- Available data:
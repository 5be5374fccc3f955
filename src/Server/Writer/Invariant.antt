-- ===== src/Server/Writer/Invariant.antt =====
-- What a transfer keeps true of the writer thread, the file and the database, event by event.
use torrxfer.Base.{
  ℕ, ◌+◌, ◌%◌, ◌^◌, ◌≡◌, ◌⊎◌, inl, inr, refl, Bool, true, false, List, [], ◌∷◌, ◌++◌, append_assoc,
  append-nil, Option, none, some, arith, length, length-append, lookup, Bool-cases, Option-cases,
  ◌||◌, leb, eq_bytes_refl,
}
use torrxfer.Text.{Bytes}
use torrxfer.Platform.{Platform}
use torrxfer.Database.{Database}
use torrxfer.Disk.{regular, write_at, write_call, seek_call}
use torrxfer.Disk.Writes.{write_at-append, lookup-write_open}
use torrxfer.Server.File.{File, marshal_text}
use torrxfer.Server.Writer.{
  Machine, signalled, copying, exited, writer_step, transfer_to, close_pipe,
}
use torrxfer.Server.Writer.Schedule.{Event, transfer, close, tick, handle, run}

abbrev pub bytes_of : Option Bytes → Bytes
bytes_of none = []
bytes_of (some b) = b

module _ (w : Platform) (d : Database) where
  open w use {Time}

  -- The bytes that the pipe accepts from an event: none while a `Write` waits, or once closed.
  abbrev pub accepted : Option Bytes → Bool → Event Time → Bytes
  accepted none false (transfer b offset) = b
  accepted _ _ _ = []

  -- The bytes that it accepts on a schedule, in order.
  unfoldable pub accepted_on : Machine w d → List (Event Time) → Bytes
  unfolding handle
  accepted_on m [] = []
  accepted_on m (e ∷ es) =
      accepted m.writer.pending m.writer.closed e ++ accepted_on (handle w d m e) es

  -- A transfer at offset `o` into the file `f`, whose content was `old`.
  module _ (f : File Time) (key : Bytes) (o : ℕ) (old : Bytes) (db : d.State) where
    abbrev pub Content : Machine w d → Bytes → Time → Type 0
    Content m c stamp = lookup f.full_path m.disk.entries ≡ some (regular (write_at o c old) stamp)

    -- The thread has written `c`, and the pipe has accepted `sent`.
    pub record Active (c sent : Bytes) (stamp : Time) (m : Machine w d) : Type 0 where
      pub file : m.writer.file ≡ record f { current_size = o }
      pub db_key : m.writer.db_key ≡ key
      pub once_done : m.writer.once_done ≡ true
      pub not_done : m.writer.done_sent ≡ false
      pub stored : m.db ≡ db
      pub written : Content m c stamp
      pub balance : sent ≡ c ++ bytes_of m.writer.pending
      pub place :
          ((m.writer.phase ≡ signalled) × (c ≡ []))
          ⊎ (m.writer.phase ≡ copying (o + length c) (length c))

    pub record Done (sent : Bytes) (stamp : Time) (text : Bytes) (m : Machine w d) : Type 0 where
      pub phase : m.writer.phase ≡ exited
      pub free : m.writer.pending ≡ none
      pub closed : m.writer.closed ≡ true
      pub once_done : m.writer.once_done ≡ true
      pub written : Content m sent stamp
      pub marshalled :
          marshal_text w (record f { current_size = (o + length sent) % 2 ^ 64 }) ≡ some text
      pub stored : m.db ≡ (d.put db key text).0

    abbrev pub Failed : Machine w d → Type 0
    Failed m = (m.writer.phase ≡ exited) × (m.writer.done_sent ≡ false)

    abbrev pub Good : Bytes → Machine w d → Type 0
    Good sent m =
        Failed m
        ⊎ (((c : Bytes) × (stamp : Time) × Active c sent stamp m)
            ⊎ ((stamp : Time) × (text : Bytes) × Done sent stamp text m))

    abbrev pub refused_seek : Machine w d → Bool
    refused_seek m =
        m.disk.refuses seek_call m.writer.file.full_path || leb (2 ^ 63) m.writer.file.current_size

    pub seek-Good :
        {c sent : Bytes} {stamp : Time} (m : Machine w d) (now : Time)
        → Active c sent stamp m
        → m.writer.phase ≡ signalled
        → c ≡ []
        → Good sent (writer_step w d m now)
    seek-Good {c} {stamp} m now a h e = elim (Bool-cases (refused_seek m)) [
      | inl r ↦ inl (unfold writer_step in ground arith)
      | inr r ↦ inr (inl (c, stamp, unfold writer_step in ground (arith, a.written)))
    ]

    pub block-Good :
        {c sent : Bytes} {stamp : Time} (m : Machine w d) (now : Time) (b : Bytes)
        → Active c sent stamp m
        → m.writer.phase ≡ copying (o + length c) (length c)
        → m.writer.pending ≡ some b
        → Good sent (writer_step w d m now)
    block-Good {c} {stamp} m now b a h e =
        elim (Bool-cases (m.disk.refuses write_call m.writer.file.full_path)) [
          | inl r ↦ inl (unfold writer_step in ground arith)
          | inr r ↦ inr (
              inl (
                c ++ b,
                now,
                unfold writer_step in
                    ground (
                      arith,
                      lookup-write_open m.disk f.full_path f.full_path (o + length c) b
                          (write_at o c old) stamp now,
                      a.written,
                      write_at-append o c b old,
                      append_assoc c b [],
                      append-nil b,
                      append-nil (c ++ b),
                      length-append {0} c b,
                      eq_bytes_refl f.full_path,
                    ),
              ))
        ]

    pub finish-Good :
        {c sent : Bytes} {stamp : Time} (m : Machine w d) (now : Time)
        → Active c sent stamp m
        → m.writer.phase ≡ copying (o + length c) (length c)
        → m.writer.pending ≡ none
        → Good sent (writer_step w d m now)
    finish-Good {c} {stamp} m now a h e = elim (Bool-cases m.writer.closed) [
      | inr r ↦ inr (inl (c, stamp, unfold writer_step in ground (arith, a.written)))
      | inl r ↦
          elim (Option-cases
            (marshal_text w (record f { current_size = (o + length c) % 2 ^ 64 }))) [
              | inl none_made ↦ inl (unfold writer_step in ground arith)
              | inr (text, made) ↦
                  inr (
                    inr
                      (stamp, text, unfold writer_step in ground (arith, a.written, append-nil c)))
            ]
    ]

    tick-Good :
        {c sent : Bytes} {stamp : Time} (m : Machine w d) (now : Time)
        → Active c sent stamp m
        → Good sent (writer_step w d m now)
    tick-Good m now a = elim a.place [
      | inl (h, e) ↦ seek-Good m now a h e
      | inr h ↦ elim (Option-cases m.writer.pending) [
        | inl e ↦ finish-Good m now a h e
        | inr (b, e) ↦ block-Good m now b a h e
      ]
    ]

    pub transfer-Good :
        {c sent : Bytes} {stamp : Time} (m : Machine w d) (b : Bytes) (n : ℕ)
        → Active c sent stamp m
        → Active c
            (sent ++ accepted m.writer.pending m.writer.closed (transfer b n))
            stamp
            (handle w d m (transfer b n))
    transfer-Good {c} {sent} m b n a = elim (Option-cases m.writer.pending) [
      | inr (x, e) ↦ unfold handle transfer_to in ground (arith, a.written, append-nil sent)
      | inl e ↦ elim (Bool-cases m.writer.closed) [
        | inl s ↦ unfold handle transfer_to in ground (arith, a.written, append-nil sent)
        | inr s ↦ unfold handle transfer_to in ground (arith, a.written, append-nil c)
      ]
    ]

    close-Good :
        {c sent : Bytes} {stamp : Time} (m : Machine w d)
        → Active c sent stamp m
        → Active c sent stamp (handle w d m close)
    close-Good m a = unfold handle close_pipe in ground (arith, a.written)

    accepted_other :
        (p : Option Bytes) (s : Bool)
        → (accepted p s close ≡ []) × ((now : Time) → accepted p s (tick now) ≡ [])
    accepted_other none true = (refl, λ now. refl)
    accepted_other none false = (refl, λ now. refl)
    accepted_other (some x) _ = (refl, λ now. refl)

    Active-Good :
        {c sent : Bytes} {stamp : Time} (m : Machine w d) (e : Event Time)
        → Active c sent stamp m
        → Good (sent ++ accepted m.writer.pending m.writer.closed e) (handle w d m e)
    Active-Good {c} {stamp} m (transfer b n) a = inr (inl (c, stamp, transfer-Good m b n a))
    Active-Good {c} {sent} {stamp} m close a =
        rw ((accepted_other m.writer.pending m.writer.closed).0, append-nil sent)
          (inr (inl (c, stamp, close-Good m a)))
    Active-Good {sent} m (tick now) a =
        rw ((accepted_other m.writer.pending m.writer.closed).1 now, append-nil sent)
          (unfold handle in tick-Good m now a)

    Failed-Good :
        (sent : Bytes) (m : Machine w d) (e : Event Time) → Failed m → Failed (handle w d m e)
    unfolding handle writer_step transfer_to close_pipe
    Failed-Good sent m (transfer b n) f = ground arith
    Failed-Good sent m close f = ground arith
    Failed-Good sent m (tick now) f = ground arith

    Done-Good :
        {sent text : Bytes} {stamp : Time} (m : Machine w d) (e : Event Time)
        → Done sent stamp text m
        → Done (sent ++ accepted m.writer.pending m.writer.closed e) stamp text (handle w d m e)
    unfolding handle writer_step transfer_to close_pipe
    Done-Good {sent} m (transfer b n) f = ground (arith, append-nil sent, f.written)
    Done-Good {sent} m close f = ground (arith, append-nil sent, f.written)
    Done-Good {sent} m (tick now) f = ground (arith, append-nil sent, f.written)

    handle-Good :
        {sent : Bytes} (m : Machine w d) (e : Event Time)
        → Good sent m
        → Good (sent ++ accepted m.writer.pending m.writer.closed e) (handle w d m e)
    handle-Good {sent} m e (inl f) = inl (Failed-Good sent m e f)
    handle-Good m e (inr (inl (c, stamp, a))) = Active-Good m e a
    handle-Good m e (inr (inr (stamp, text, f))) = inr (inr (stamp, text, Done-Good m e f))

    pub run-Good :
        (m : Machine w d) (es : List (Event Time)) (sent : Bytes)
        → Good sent m
        → Good (sent ++ accepted_on m es) (run w d m es)
    unfolding run accepted_on
    run-Good m [] sent g = rw append-nil g
    run-Good m (e ∷ es) sent g =
        rw
          (← append_assoc sent (accepted m.writer.pending m.writer.closed e)
            (accepted_on (handle w d m e) es))
          (run-Good (handle w d m e) es (sent ++ accepted m.writer.pending m.writer.closed e)
            (handle-Good m e g))

    pub Done-of-Good :
        (sent : Bytes) (m : Machine w d)
        → Good sent m
        → m.writer.done_sent ≡ true
        → (stamp : Time) × (text : Bytes) × Done sent stamp text m
    Done-of-Good sent m (inl f) h = absurd (ground arith)
    Done-of-Good sent m (inr (inl (c, stamp, a))) h = absurd (ground arith)
    Done-of-Good sent m (inr (inr x)) h = x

- Exercise directions:
Return each full line of the entries that contains the word "Platform".

- Solution below:
use torrxfer.Platform.{Platform}
module _ (w : Platform) (d : Database) where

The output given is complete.